:: WHAT YOU SHOULD DO ::
Look in the material below for the line with "ground (arith, d, u, n, e) in" and the line with "(env : Env) (cur i : ℕ)", then set down exactly those two lines and all lines between, nothing more.

:: EXTRACTED RECORDS ::

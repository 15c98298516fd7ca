-- ===== src/Proc/ForkLaws.antt =====
-- `fork` and `kthread_create`: the child's entry, the reference counts of the open files, and the
-- way back when memory runs out.
use assignment.Prelude.{
  ℕ, ◌+◌, ◌≡◌, ◌≢◌, refl, ◌∙◌, ap, sym, subst, true, List, [], ◌∷◌, Option, none, some, arith, ℤ,
  pos, minus_one, ◌==◌, if◌then◌else◌, get_elem?, modify, get_elem?-modify, get_elem?-modify_self,
  get_elem?-modify_ne, find_index, Option-cases, inl, inr,
}
use mathlib.Core.Option
use mathlib.Core.Option.{some-injective}
use assignment.Kernel.{Kernel, Proc, File, unused, runnable}
use assignment.Kalloc.{kfree, is_page}
use assignment.File.{filedup}
use assignment.Env.{Env}
use assignment.CString.{safestrcpy}
use assignment.Proc.Table.{is_unused, allocproc}
use assignment.Proc.TableLaws.{Allocated, allocproc_takes, KeepsOthers}
use assignment.Proc.Fork.{
  entered, with_entry, fork, fork_at, fork_copied, dup_files, share_files, fork_into, thread_into,
  idup, forked, threaded, undo_alloc, thread_name,
}

-- How often a pointer to the file `f` stands among open files.
pub pointers_to : ℕ → List (Option ℕ) → ℕ
pointers_to f [] = 0
pointers_to f (none ∷ fs) = pointers_to f fs
pointers_to f (some g ∷ fs) = (if g == f then 1 else 0) + pointers_to f fs

abbrev pub ref_of : List File → ℕ → Option ℕ
ref_of files f = elim (get_elem? files f) [ none ↦ none | some x ↦ some x.ref ]

filedup-ref :
    (g f : ℕ) (files files' : List File)
    → filedup g files ≡ some files'
    → ref_of files' f ≡ Option.map (λ r. r + (if g == f then 1 else 0)) (ref_of files f)
unfolding filedup
filedup-ref g f files files' e =
    ground (arith, e, get_elem?-modify files g f (λ x. record x { ref = x.ref + 1 }))

-- The loop of `fork` raises the count of each file by the number of pointers to it that the parent
-- has, when it returns.
pub dup_files-refs :
    (fs ofile ofile' : List (Option ℕ)) (files files' : List File) (f : ℕ)
    → dup_files fs ofile files ≡ some (ofile', files')
    → ref_of files' f ≡ Option.map (λ r. r + pointers_to f fs) (ref_of files f)
unfolding dup_files pointers_to
dup_files-refs [] ofile ofile' files files' f e = ground (arith, e)
dup_files-refs (g ∷ fs) [] ofile' files files' f e = absurd (ground (arith, e))
dup_files-refs (none ∷ fs) (o ∷ ofile) ofile' files files' f e =
    elim (Option-cases (dup_files fs ofile files)) [
      | inl d ↦ absurd (ground (arith, d, e))
      | inr (r, d) ↦ let ih = dup_files-refs fs ofile r.0 files r.1 f d in ground (arith, d, e, ih)
    ]
dup_files-refs (some g ∷ fs) (o ∷ ofile) ofile' files files' f e =
    elim (Option-cases (filedup g files)) [
      | inl d ↦ absurd (ground (arith, d, e))
      | inr (files1, d) ↦ elim (Option-cases (dup_files fs ofile files1)) [
        | inl h ↦ absurd (ground (arith, d, h, e))
        | inr (r, h) ↦
            let ih = dup_files-refs fs ofile r.0 files1 r.1 f h in
            let one = filedup-ref g f files files1 d in ground (arith, d, h, e, ih, one)
      ]
    ]

-- The child that `fork` leaves in the entry `i`.
pub record Child (cur i pgdir : ℕ) (np proc : Proc) (k k' : Kernel) : Type 0 where
  pub child : Proc
  pub slot : get_elem? k'.procs i ≡ some child
  pub state : child.state ≡ runnable
  pub pid : child.pid ≡ np.pid
  pub parent : child.parent ≡ some cur
  pub thread_id : child.thread_id ≡ minus_one
  pub memory : (child.pgdir ≡ pgdir) × (child.sz ≡ proc.sz)
  pub returns_zero : child.tf ≡ record (proc.tf) { eax = 0 }
  pub refs :
      (f : ℕ)
      → ref_of k'.files f ≡ Option.map (λ r. r + pointers_to f proc.ofile) (ref_of k.files f)
  pub others : KeepsOthers i k.procs k'.procs

-- When `fork` gets past the copy of the memory and returns, it returns the pid of the child. The
-- child is runnable on the copied memory, is the main thread of its process, sees 0 returned, and
-- has the caller as its parent; each open file is counted once more for each of its pointers, and
-- the other entries are as they were.
pub fork_into-Child :
    (cur i pgdir : ℕ) (np proc : Proc) (k k' : Kernel) (r : ℤ)
    → get_elem? k.procs i ≡ some np
    → fork_into cur i np proc pgdir k ≡ some (r, k')
    → (r ≡ pos np.pid) × Child cur i pgdir np proc k k'
unfolding fork_into
fork_into-Child cur i pgdir np proc k k' r at e =
    elim (Option-cases (dup_files proc.ofile np.ofile k.files)) [
      | inl d ↦ absurd (ground (arith, d, e))
      | inr (dup, d) ↦ elim (Option-cases (idup proc.cwd k.inode_refs)) [
        | inl u ↦ absurd (ground (arith, d, u, e))
        | inr (refs, u) ↦ elim (Option-cases (safestrcpy np.name proc.name 16)) [
          | inl n ↦ absurd (ground (arith, d, u, n, e))
          | inr (name, n) ↦
              let done : Kernel = record k {
                files = dup.1;
                inode_refs = refs;
                procs = modify k.procs i (forked cur pgdir dup.0 name proc);
              } in
              let eq : ◌≡◌ {A = Option (ℤ × Kernel)} (some (pos np.pid, done)) (some (r, k')) =
                ground (arith, d, u, n, e) in
              let same : done ≡ k' = ap (λ (z : ℤ × Kernel). z.1) (some-injective _ _ eq) in
              (
                sym (ap (λ (z : ℤ × Kernel). z.0) (some-injective _ _ eq)),
                subst (Child cur i pgdir np proc k) same (record {
                  child = forked cur pgdir dup.0 name proc np;
                  slot = get_elem?-modify_self k.procs i _ at;
                  state = refl;
                  pid = refl;
                  parent = refl;
                  thread_id = refl;
                  memory = (refl, refl);
                  returns_zero = refl;
                  refs = λ f. dup_files-refs proc.ofile np.ofile dup.0 k.files dup.1 f d;
                  others = λ j ne. get_elem?-modify_ne k.procs i j _ ne;
                }),
              )
        ]
      ]
    ]

-- When `kthread_create` gets past the copy of the memory and returns, the new entry has the memory
-- of the caller and its pointers to the open files, and no file and no inode is counted once more.
pub thread_shares :
    (i start_func esp : ℕ) (np proc : Proc) (k k' : Kernel) (r : ℤ)
    → get_elem? k.procs i ≡ some np
    → thread_into i start_func esp np proc k ≡ some (r, k')
    → (t : Proc) × (get_elem? k'.procs i ≡ some t)
      × (t.pgdir ≡ proc.pgdir)
      × (t.pid ≡ proc.pid)
      × (share_files proc.ofile np.ofile ≡ some t.ofile)
      × (k'.files ≡ k.files)
      × (k'.inode_refs ≡ k.inode_refs)
unfolding thread_into
thread_shares i start_func esp np proc k k' r at e =
    elim (Option-cases (share_files proc.ofile np.ofile)) [
      | inl s ↦ absurd (ground (arith, s, e))
      | inr (ofile, s) ↦ elim (Option-cases (safestrcpy np.name thread_name 16)) [
        | inl n ↦ absurd (ground (arith, s, n, e))
        | inr (name, n) ↦ (
          threaded (k.next_thread + 1) start_func esp ofile name proc np,
          ground (
            arith,
            s,
            n,
            e,
            get_elem?-modify_self k.procs i
                (threaded (k.next_thread + 1) start_func esp ofile name proc) at,
          ),
          refl,
          refl,
          s,
          ground (arith, s, n, e),
          ground (arith, s, n, e),
        )
      ]
    ]

fork_at_undone :
    (env : Env) (cur i : ℕ) (np proc : Proc) (k : Kernel) (freelist : List ℕ)
    → env.copyuvm proc.pgdir proc.sz k.freelist ≡ (0, freelist)
    → is_page k.kernel_end np.kstack ≡ true
    → (k' : Kernel) × (fork_at env cur i np proc k ≡ some (minus_one, k'))
      × (k'.freelist ≡ np.kstack ∷ freelist)
      × (get_elem? k.procs i ≡ some np
          → get_elem? k'.procs i
            ≡ some (record np { thread_id = minus_one; pgdir = 0; kstack = 0; state = unused }))
      × KeepsOthers i k.procs k'.procs
unfolding fork_at fork_copied undo_alloc kfree
fork_at_undone env cur i np proc k freelist copied ok = (
  record k {
    freelist = np.kstack ∷ freelist;
    procs =
        modify (modify k.procs i (λ p. record p { thread_id = minus_one; pgdir = 0 })) i
          (λ p. record p { kstack = 0; state = unused });
  },
  rw (fork_at, fork_copied, copied) (rw (ok, fork_copied, undo_alloc, kfree) refl),
  refl,
  λ at. get_elem?-modify_self _ i _ (get_elem?-modify_self k.procs i _ at),
  λ j ne. get_elem?-modify_ne _ i j _ ne ∙ get_elem?-modify_ne k.procs i j _ ne,
)

-- A new entry that `allocproc` has just made for the caller in another entry.
module _ (env : Env) (cur i page : ℕ) (rest freelist : List ℕ) (proc : Proc) (k : Kernel)
    (pgdir : ℕ) (free : find_index is_unused k.procs ≡ some i) (pages : k.freelist ≡ page ∷ rest)
    (real : page ≢ 0) (caller : get_elem? k.procs cur ≡ some proc) (other : i ≢ cur)
    (copied : env.copyuvm proc.pgdir proc.sz rest ≡ (pgdir, freelist)) where
  made : (k' : Kernel) × (allocproc k ≡ (some i, k')) × Allocated k i k'
  made = allocproc_takes k i page rest free pages real

  enters :
      (go : ℕ → Proc → Proc → Kernel → Option (ℤ × Kernel))
      → with_entry cur go k ≡ go i made.2.new proc made.0
  unfolding with_entry entered
  enters go =
      let here : get_elem? made.0.procs cur ≡ some proc = made.2.others cur other ∙ caller in
      rw (with_entry, made.1) (rw (here, made.2.now, entered) refl)

  -- When `copyuvm` fails, `fork` returns -1. The stack page is back on the free
  -- list, the entry is UNUSED again with no stack, and the other entries are as they were.
  pub fork_undone :
      pgdir ≡ 0
      → is_page k.kernel_end page ≡ true
      → (k' : Kernel) × (q : Proc) × (fork env cur k ≡ some (minus_one, k'))
        × (k'.freelist ≡ page ∷ freelist)
        × (get_elem? k'.procs i ≡ some q)
        × (q.state ≡ unused)
        × (q.kstack ≡ 0)
        × KeepsOthers i k.procs k'.procs
  unfolding fork
  fork_undone failed ok =
      let a = made.2 in
      let same_rest : made.0.freelist ≡ rest = ground (arith, pages, a.taken) in
      let same_page : a.new.kstack ≡ page = a.stack ∙ ground (arith, pages, a.taken) in
      let u =
        fork_at_undone env cur i a.new proc made.0 freelist
          (ap (λ l. env.copyuvm proc.pgdir proc.sz l) same_rest
            ∙ copied
            ∙ ap (λ g. (g, freelist)) failed)
          (rw (same_page, a.end) ok) in
      (
        u.0,
        record a.new { thread_id = minus_one; pgdir = 0; kstack = 0; state = unused },
        enters (fork_at env cur) ∙ u.1,
        rw (← same_page) u.2,
        u.3 a.now,
        refl,
        refl,
        λ j ne. u.4 j ne ∙ a.others j ne,
      )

:: THE ANSWER ::
                ground (arith, d, u, n, e) in
              let same : done ≡ k' = ap (λ (z : ℤ × Kernel). z.1) (some-injective _ _ eq) in
              (
                sym (ap (λ (z : ℤ × Kernel). z.0) (some-injective _ _ eq)),
                subst (Child cur i pgdir np proc k) same (record {
                  child = forked cur pgdir dup.0 name proc np;
                  slot = get_elem?-modify_self k.procs i _ at;
                  state = refl;
                  pid = refl;
                  parent = refl;
                  thread_id = refl;
                  memory = (refl, refl);
                  returns_zero = refl;
                  refs = λ f. dup_files-refs proc.ofile np.ofile dup.0 k.files dup.1 f d;
                  others = λ j ne. get_elem?-modify_ne k.procs i j _ ne;
                }),
              )
        ]
      ]
    ]

-- When `kthread_create` gets past the copy of the memory and returns, the new entry has the memory
-- of the caller and its pointers to the open files, and no file and no inode is counted once more.
pub thread_shares :
    (i start_func esp : ℕ) (np proc : Proc) (k k' : Kernel) (r : ℤ)
    → get_elem? k.procs i ≡ some np
    → thread_into i start_func esp np proc k ≡ some (r, k')
    → (t : Proc) × (get_elem? k'.procs i ≡ some t)
      × (t.pgdir ≡ proc.pgdir)
      × (t.pid ≡ proc.pid)
      × (share_files proc.ofile np.ofile ≡ some t.ofile)
      × (k'.files ≡ k.files)
      × (k'.inode_refs ≡ k.inode_refs)
unfolding thread_into
thread_shares i start_func esp np proc k k' r at e =
    elim (Option-cases (share_files proc.ofile np.ofile)) [
      | inl s ↦ absurd (ground (arith, s, e))
      | inr (ofile, s) ↦ elim (Option-cases (safestrcpy np.name thread_name 16)) [
        | inl n ↦ absurd (ground (arith, s, n, e))
        | inr (name, n) ↦ (
          threaded (k.next_thread + 1) start_func esp ofile name proc np,
          ground (
            arith,
            s,
            n,
            e,
            get_elem?-modify_self k.procs i
                (threaded (k.next_thread + 1) start_func esp ofile name proc) at,
          ),
          refl,
          refl,
          s,
          ground (arith, s, n, e),
          ground (arith, s, n, e),
        )
      ]
    ]

fork_at_undone :
    (env : Env) (cur i : ℕ) (np proc : Proc) (k : Kernel) (freelist : List ℕ)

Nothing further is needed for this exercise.